Input
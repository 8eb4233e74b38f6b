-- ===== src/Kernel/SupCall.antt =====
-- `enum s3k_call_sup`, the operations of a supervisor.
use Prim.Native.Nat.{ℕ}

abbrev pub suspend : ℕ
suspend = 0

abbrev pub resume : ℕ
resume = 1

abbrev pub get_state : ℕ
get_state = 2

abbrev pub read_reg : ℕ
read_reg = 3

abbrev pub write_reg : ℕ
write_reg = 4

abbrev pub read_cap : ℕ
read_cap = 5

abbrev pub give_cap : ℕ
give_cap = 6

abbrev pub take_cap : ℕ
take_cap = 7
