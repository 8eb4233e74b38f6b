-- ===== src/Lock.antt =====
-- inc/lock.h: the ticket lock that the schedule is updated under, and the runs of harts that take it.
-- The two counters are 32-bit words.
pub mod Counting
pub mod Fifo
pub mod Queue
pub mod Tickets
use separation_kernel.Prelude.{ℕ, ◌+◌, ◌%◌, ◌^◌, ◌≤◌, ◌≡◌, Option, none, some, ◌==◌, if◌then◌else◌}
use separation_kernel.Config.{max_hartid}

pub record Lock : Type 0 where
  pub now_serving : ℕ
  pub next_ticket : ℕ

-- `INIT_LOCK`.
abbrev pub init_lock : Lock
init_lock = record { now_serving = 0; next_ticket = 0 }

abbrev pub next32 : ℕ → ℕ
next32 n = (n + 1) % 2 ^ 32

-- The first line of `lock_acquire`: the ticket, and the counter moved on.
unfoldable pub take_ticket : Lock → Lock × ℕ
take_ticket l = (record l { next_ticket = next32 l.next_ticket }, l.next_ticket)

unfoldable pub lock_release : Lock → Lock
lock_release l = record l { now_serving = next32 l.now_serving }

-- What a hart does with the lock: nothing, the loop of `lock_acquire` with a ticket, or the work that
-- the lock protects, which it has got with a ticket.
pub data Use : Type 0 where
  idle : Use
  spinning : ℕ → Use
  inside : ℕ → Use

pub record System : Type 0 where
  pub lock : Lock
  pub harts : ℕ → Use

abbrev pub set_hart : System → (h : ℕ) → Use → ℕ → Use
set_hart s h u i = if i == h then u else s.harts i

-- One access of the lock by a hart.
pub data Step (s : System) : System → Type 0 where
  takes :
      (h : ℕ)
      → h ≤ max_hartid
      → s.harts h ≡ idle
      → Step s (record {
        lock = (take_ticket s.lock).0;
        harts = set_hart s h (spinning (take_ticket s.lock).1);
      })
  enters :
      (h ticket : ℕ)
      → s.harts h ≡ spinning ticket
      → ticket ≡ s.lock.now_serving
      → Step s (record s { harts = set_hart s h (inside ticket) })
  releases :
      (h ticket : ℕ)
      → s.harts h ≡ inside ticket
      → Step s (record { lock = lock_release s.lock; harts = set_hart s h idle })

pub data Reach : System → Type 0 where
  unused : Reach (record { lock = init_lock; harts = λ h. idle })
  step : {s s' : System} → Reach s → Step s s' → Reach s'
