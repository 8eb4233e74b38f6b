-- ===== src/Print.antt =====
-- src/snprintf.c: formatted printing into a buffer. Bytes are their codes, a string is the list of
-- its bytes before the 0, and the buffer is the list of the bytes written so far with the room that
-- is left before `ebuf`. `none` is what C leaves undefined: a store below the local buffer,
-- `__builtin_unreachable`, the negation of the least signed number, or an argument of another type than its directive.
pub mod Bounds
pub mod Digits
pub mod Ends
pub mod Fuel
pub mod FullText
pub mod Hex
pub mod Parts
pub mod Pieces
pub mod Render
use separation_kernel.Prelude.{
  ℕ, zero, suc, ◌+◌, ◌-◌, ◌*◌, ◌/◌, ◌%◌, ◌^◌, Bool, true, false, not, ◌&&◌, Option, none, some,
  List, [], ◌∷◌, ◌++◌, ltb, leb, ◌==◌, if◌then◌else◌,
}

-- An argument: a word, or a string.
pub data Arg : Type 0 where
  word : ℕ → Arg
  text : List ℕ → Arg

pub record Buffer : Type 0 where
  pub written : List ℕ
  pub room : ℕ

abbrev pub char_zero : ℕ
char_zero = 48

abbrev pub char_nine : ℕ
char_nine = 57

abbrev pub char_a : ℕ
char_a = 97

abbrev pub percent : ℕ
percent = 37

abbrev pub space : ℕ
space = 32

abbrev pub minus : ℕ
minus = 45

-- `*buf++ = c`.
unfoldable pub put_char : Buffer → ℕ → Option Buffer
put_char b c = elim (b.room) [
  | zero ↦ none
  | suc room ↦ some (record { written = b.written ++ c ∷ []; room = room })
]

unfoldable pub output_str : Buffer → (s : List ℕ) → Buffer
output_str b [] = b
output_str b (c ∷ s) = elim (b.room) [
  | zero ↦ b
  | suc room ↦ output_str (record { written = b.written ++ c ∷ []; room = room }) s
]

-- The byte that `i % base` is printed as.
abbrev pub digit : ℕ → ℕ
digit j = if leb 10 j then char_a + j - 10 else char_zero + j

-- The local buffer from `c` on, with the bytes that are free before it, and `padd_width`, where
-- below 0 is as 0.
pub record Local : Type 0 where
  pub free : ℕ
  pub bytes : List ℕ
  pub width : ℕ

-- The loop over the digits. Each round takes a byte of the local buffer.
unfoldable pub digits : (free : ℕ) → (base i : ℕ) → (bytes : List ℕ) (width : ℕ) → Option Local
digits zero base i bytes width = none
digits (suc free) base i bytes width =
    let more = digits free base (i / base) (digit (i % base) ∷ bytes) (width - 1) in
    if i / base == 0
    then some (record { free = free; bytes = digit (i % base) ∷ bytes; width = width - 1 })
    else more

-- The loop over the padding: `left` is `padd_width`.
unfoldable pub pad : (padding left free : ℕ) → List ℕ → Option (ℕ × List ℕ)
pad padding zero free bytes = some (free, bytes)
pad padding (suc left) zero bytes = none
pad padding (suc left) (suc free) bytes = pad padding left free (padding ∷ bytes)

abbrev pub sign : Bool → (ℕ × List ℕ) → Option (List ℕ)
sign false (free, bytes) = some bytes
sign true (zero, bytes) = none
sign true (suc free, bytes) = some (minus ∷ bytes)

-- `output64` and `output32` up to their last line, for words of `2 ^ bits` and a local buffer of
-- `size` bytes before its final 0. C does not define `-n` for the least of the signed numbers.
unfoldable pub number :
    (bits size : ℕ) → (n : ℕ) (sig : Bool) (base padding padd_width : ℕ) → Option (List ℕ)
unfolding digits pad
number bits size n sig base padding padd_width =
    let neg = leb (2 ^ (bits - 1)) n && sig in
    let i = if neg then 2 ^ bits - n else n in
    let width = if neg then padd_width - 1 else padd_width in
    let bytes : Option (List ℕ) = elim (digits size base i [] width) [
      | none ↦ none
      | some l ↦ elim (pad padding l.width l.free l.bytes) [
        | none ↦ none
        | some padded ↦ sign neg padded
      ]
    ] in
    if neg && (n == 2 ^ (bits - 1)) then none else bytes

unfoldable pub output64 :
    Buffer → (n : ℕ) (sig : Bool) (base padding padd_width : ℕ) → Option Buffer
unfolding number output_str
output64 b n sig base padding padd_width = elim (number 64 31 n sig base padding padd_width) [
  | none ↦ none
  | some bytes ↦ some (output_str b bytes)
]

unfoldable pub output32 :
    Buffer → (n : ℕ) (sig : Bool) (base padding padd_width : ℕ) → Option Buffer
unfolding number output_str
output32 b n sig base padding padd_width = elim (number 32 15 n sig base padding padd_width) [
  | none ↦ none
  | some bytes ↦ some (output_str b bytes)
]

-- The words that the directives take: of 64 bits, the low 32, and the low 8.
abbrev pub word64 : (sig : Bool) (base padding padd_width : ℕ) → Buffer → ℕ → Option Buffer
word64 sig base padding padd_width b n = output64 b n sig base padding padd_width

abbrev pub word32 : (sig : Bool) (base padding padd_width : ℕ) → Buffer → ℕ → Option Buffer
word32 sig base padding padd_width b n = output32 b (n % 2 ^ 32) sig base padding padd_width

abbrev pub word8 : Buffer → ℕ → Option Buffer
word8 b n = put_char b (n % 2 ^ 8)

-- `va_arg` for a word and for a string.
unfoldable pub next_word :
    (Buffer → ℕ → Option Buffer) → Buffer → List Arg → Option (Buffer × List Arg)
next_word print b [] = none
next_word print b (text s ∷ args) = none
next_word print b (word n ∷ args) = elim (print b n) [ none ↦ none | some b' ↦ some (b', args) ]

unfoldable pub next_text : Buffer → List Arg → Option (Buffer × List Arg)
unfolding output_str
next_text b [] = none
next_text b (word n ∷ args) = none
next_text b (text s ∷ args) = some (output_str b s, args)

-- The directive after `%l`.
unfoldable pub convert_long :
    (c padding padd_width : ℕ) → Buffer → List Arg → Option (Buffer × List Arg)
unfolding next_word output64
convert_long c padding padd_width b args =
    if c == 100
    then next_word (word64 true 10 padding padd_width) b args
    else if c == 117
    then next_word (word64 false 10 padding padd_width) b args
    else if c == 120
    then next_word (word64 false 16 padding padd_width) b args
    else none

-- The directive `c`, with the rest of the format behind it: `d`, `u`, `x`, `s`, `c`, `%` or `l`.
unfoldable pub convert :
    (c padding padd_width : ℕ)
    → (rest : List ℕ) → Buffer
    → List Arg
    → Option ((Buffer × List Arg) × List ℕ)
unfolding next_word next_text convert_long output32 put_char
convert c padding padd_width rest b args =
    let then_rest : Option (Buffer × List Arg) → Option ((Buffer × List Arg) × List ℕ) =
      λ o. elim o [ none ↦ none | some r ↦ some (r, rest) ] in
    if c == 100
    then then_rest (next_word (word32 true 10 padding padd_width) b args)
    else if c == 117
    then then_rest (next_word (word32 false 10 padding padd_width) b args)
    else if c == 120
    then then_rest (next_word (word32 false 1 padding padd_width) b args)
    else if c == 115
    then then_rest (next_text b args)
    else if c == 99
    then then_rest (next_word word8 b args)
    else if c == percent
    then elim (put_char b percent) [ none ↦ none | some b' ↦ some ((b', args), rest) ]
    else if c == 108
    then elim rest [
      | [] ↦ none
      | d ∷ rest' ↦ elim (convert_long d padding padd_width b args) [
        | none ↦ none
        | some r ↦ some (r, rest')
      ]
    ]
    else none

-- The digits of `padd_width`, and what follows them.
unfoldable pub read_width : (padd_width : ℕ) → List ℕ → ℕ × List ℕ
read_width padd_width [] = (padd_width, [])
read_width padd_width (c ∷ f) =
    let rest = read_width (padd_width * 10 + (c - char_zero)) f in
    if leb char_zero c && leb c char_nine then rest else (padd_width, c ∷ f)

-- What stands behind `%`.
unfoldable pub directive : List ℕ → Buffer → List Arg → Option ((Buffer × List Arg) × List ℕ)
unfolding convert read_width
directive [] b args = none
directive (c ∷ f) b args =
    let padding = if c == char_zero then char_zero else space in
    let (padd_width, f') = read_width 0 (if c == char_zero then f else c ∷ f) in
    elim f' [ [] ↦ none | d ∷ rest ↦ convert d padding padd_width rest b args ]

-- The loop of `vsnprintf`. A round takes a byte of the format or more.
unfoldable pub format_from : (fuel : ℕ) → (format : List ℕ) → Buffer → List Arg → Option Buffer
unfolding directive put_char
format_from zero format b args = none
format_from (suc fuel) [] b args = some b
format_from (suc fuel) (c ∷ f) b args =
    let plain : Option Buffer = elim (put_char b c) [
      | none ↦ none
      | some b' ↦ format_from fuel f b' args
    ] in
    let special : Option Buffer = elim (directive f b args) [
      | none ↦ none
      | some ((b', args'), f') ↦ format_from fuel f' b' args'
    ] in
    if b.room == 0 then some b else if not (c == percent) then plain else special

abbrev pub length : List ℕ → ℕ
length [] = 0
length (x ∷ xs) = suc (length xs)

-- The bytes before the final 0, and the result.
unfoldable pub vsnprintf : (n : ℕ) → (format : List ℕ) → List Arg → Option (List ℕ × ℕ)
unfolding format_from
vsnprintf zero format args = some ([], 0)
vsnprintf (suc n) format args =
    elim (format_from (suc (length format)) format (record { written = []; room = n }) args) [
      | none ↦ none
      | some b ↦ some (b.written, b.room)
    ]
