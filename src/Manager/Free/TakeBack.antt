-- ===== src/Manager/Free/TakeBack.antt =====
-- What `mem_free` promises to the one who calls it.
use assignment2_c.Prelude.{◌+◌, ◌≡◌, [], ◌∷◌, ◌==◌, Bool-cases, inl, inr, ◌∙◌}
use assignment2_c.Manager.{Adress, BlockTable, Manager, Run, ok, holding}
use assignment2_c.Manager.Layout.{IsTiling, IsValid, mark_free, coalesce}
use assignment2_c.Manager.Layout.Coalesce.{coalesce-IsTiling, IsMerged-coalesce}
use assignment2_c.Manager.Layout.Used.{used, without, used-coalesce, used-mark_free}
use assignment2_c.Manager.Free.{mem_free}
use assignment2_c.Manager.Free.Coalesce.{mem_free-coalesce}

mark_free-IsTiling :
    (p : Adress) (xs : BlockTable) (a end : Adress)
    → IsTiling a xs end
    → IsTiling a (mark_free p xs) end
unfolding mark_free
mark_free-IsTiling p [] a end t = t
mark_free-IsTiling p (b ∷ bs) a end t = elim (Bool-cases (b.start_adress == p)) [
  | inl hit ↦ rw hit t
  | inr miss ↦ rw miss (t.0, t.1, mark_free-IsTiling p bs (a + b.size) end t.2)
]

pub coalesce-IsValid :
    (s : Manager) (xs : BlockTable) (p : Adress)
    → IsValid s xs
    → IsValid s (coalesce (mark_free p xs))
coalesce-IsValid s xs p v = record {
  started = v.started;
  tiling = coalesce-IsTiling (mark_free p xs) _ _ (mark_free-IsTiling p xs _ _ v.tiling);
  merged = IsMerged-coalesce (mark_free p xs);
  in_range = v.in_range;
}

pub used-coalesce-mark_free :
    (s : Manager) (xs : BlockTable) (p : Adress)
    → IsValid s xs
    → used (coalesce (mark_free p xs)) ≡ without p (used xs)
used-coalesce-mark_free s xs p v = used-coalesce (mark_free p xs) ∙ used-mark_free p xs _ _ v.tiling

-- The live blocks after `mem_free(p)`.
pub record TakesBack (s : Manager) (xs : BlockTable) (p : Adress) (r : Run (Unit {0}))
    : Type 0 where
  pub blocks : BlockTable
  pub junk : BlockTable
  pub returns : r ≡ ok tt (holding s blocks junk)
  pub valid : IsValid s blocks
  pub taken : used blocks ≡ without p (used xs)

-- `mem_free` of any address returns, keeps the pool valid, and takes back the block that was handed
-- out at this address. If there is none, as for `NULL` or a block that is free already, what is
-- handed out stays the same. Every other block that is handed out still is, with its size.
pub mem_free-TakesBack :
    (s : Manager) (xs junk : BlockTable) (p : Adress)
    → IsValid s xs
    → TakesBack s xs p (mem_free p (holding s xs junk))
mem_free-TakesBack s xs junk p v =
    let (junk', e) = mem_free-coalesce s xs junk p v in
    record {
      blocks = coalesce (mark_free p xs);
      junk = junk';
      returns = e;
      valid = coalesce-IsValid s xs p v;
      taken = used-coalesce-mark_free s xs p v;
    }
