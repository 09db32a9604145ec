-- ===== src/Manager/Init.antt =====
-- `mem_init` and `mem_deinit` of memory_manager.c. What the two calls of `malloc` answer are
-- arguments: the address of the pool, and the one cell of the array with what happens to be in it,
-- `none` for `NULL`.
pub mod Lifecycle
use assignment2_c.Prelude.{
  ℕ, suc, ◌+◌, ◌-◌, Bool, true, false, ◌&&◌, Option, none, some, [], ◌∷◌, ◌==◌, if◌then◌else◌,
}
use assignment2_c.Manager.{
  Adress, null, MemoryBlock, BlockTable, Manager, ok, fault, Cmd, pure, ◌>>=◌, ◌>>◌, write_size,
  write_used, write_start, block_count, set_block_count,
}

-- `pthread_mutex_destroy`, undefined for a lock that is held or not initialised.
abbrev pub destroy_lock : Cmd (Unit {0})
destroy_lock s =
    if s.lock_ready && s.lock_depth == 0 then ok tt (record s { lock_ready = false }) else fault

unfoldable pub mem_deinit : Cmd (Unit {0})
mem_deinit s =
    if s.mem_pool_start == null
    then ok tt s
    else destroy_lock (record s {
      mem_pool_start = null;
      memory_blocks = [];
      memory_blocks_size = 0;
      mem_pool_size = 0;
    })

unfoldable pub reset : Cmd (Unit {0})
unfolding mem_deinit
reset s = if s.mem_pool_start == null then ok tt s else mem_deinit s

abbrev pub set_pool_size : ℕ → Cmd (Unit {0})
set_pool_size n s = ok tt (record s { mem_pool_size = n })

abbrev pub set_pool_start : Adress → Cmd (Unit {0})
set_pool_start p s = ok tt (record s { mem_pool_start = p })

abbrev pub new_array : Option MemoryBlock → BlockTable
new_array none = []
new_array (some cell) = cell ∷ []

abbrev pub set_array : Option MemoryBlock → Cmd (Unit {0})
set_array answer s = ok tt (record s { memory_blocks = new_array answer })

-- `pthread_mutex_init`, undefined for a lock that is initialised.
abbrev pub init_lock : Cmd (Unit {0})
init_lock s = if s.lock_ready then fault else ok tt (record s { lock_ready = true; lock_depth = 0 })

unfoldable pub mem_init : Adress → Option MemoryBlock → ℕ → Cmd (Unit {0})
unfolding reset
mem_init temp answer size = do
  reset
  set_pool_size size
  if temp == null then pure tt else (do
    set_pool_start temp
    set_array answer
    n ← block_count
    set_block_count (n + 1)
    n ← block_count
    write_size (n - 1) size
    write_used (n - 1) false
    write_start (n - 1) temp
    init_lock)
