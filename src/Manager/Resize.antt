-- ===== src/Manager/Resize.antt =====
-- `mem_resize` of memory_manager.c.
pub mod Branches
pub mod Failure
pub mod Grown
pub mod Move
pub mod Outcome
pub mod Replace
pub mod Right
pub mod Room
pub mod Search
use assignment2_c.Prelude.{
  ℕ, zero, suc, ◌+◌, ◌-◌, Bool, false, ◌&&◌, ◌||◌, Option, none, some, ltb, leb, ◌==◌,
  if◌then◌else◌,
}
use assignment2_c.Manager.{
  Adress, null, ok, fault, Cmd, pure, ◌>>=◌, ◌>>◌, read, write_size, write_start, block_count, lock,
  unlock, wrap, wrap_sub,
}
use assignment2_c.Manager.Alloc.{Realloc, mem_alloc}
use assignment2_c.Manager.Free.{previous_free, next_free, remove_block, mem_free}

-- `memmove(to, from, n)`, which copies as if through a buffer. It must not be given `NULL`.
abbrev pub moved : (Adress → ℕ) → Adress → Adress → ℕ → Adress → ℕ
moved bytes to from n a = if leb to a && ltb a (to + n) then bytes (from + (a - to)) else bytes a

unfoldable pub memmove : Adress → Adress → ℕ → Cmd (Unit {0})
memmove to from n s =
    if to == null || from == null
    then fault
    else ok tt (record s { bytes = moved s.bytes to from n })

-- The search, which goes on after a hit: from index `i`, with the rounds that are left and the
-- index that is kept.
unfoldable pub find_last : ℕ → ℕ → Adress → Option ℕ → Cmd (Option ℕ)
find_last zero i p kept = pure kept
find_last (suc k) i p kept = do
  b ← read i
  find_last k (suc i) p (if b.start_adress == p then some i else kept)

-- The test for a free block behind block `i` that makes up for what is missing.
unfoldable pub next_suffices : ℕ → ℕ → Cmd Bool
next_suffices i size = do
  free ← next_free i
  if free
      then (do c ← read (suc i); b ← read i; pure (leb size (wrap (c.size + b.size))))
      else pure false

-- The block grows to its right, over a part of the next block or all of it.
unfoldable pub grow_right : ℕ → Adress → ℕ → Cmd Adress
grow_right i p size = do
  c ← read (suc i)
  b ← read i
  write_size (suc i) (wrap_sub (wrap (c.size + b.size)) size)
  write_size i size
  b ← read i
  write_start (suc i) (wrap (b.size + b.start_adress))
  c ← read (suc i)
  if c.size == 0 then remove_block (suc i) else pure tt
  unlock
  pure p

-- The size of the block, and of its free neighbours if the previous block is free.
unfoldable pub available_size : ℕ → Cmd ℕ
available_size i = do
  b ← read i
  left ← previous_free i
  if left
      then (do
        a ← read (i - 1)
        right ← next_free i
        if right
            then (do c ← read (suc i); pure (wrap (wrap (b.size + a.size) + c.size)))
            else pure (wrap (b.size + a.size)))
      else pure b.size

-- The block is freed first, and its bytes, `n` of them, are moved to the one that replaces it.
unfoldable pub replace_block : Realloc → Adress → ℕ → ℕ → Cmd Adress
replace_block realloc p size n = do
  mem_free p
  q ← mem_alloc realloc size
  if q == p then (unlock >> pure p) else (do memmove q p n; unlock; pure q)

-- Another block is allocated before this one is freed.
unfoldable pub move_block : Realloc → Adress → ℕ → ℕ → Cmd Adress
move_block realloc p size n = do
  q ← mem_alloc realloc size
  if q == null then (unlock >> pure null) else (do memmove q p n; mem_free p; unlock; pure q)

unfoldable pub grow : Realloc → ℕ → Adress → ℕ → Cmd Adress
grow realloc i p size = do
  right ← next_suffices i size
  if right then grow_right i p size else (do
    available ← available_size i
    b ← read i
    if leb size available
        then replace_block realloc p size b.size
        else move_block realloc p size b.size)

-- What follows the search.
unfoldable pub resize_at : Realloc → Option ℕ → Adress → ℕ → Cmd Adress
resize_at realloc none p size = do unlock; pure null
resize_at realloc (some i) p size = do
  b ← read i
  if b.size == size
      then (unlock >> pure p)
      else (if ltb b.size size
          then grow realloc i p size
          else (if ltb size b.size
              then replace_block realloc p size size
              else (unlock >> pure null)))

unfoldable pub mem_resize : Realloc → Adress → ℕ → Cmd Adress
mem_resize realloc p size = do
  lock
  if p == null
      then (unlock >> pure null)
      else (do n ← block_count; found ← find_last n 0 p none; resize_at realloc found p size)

Problem requirements
Everything from the line containing "replace_block realloc p size n = do" through the final line of the listing, inclusive, must be reproduced exactly; leave out the rest.

Written answer
replace_block realloc p size n = do
  mem_free p
  q ← mem_alloc realloc size
  if q == p then (unlock >> pure p) else (do memmove q p n; unlock; pure q)

-- Another block is allocated before this one is freed.
unfoldable pub move_block : Realloc → Adress → ℕ → ℕ → Cmd Adress
move_block realloc p size n = do
  q ← mem_alloc realloc size
  if q == null then (unlock >> pure null) else (do memmove q p n; mem_free p; unlock; pure q)

unfoldable pub grow : Realloc → ℕ → Adress → ℕ → Cmd Adress
grow realloc i p size = do
  right ← next_suffices i size
  if right then grow_right i p size else (do
    available ← available_size i
    b ← read i
    if leb size available
        then replace_block realloc p size b.size
        else move_block realloc p size b.size)

-- What follows the search.
unfoldable pub resize_at : Realloc → Option ℕ → Adress → ℕ → Cmd Adress
resize_at realloc none p size = do unlock; pure null
resize_at realloc (some i) p size = do
  b ← read i
  if b.size == size
      then (unlock >> pure p)
      else (if ltb b.size size
          then grow realloc i p size
          else (if ltb size b.size
              then replace_block realloc p size size
              else (unlock >> pure null)))

unfoldable pub mem_resize : Realloc → Adress → ℕ → Cmd Adress
mem_resize realloc p size = do
  lock
  if p == null
      then (unlock >> pure null)
      else (do n ← block_count; found ← find_last n 0 p none; resize_at realloc found p size)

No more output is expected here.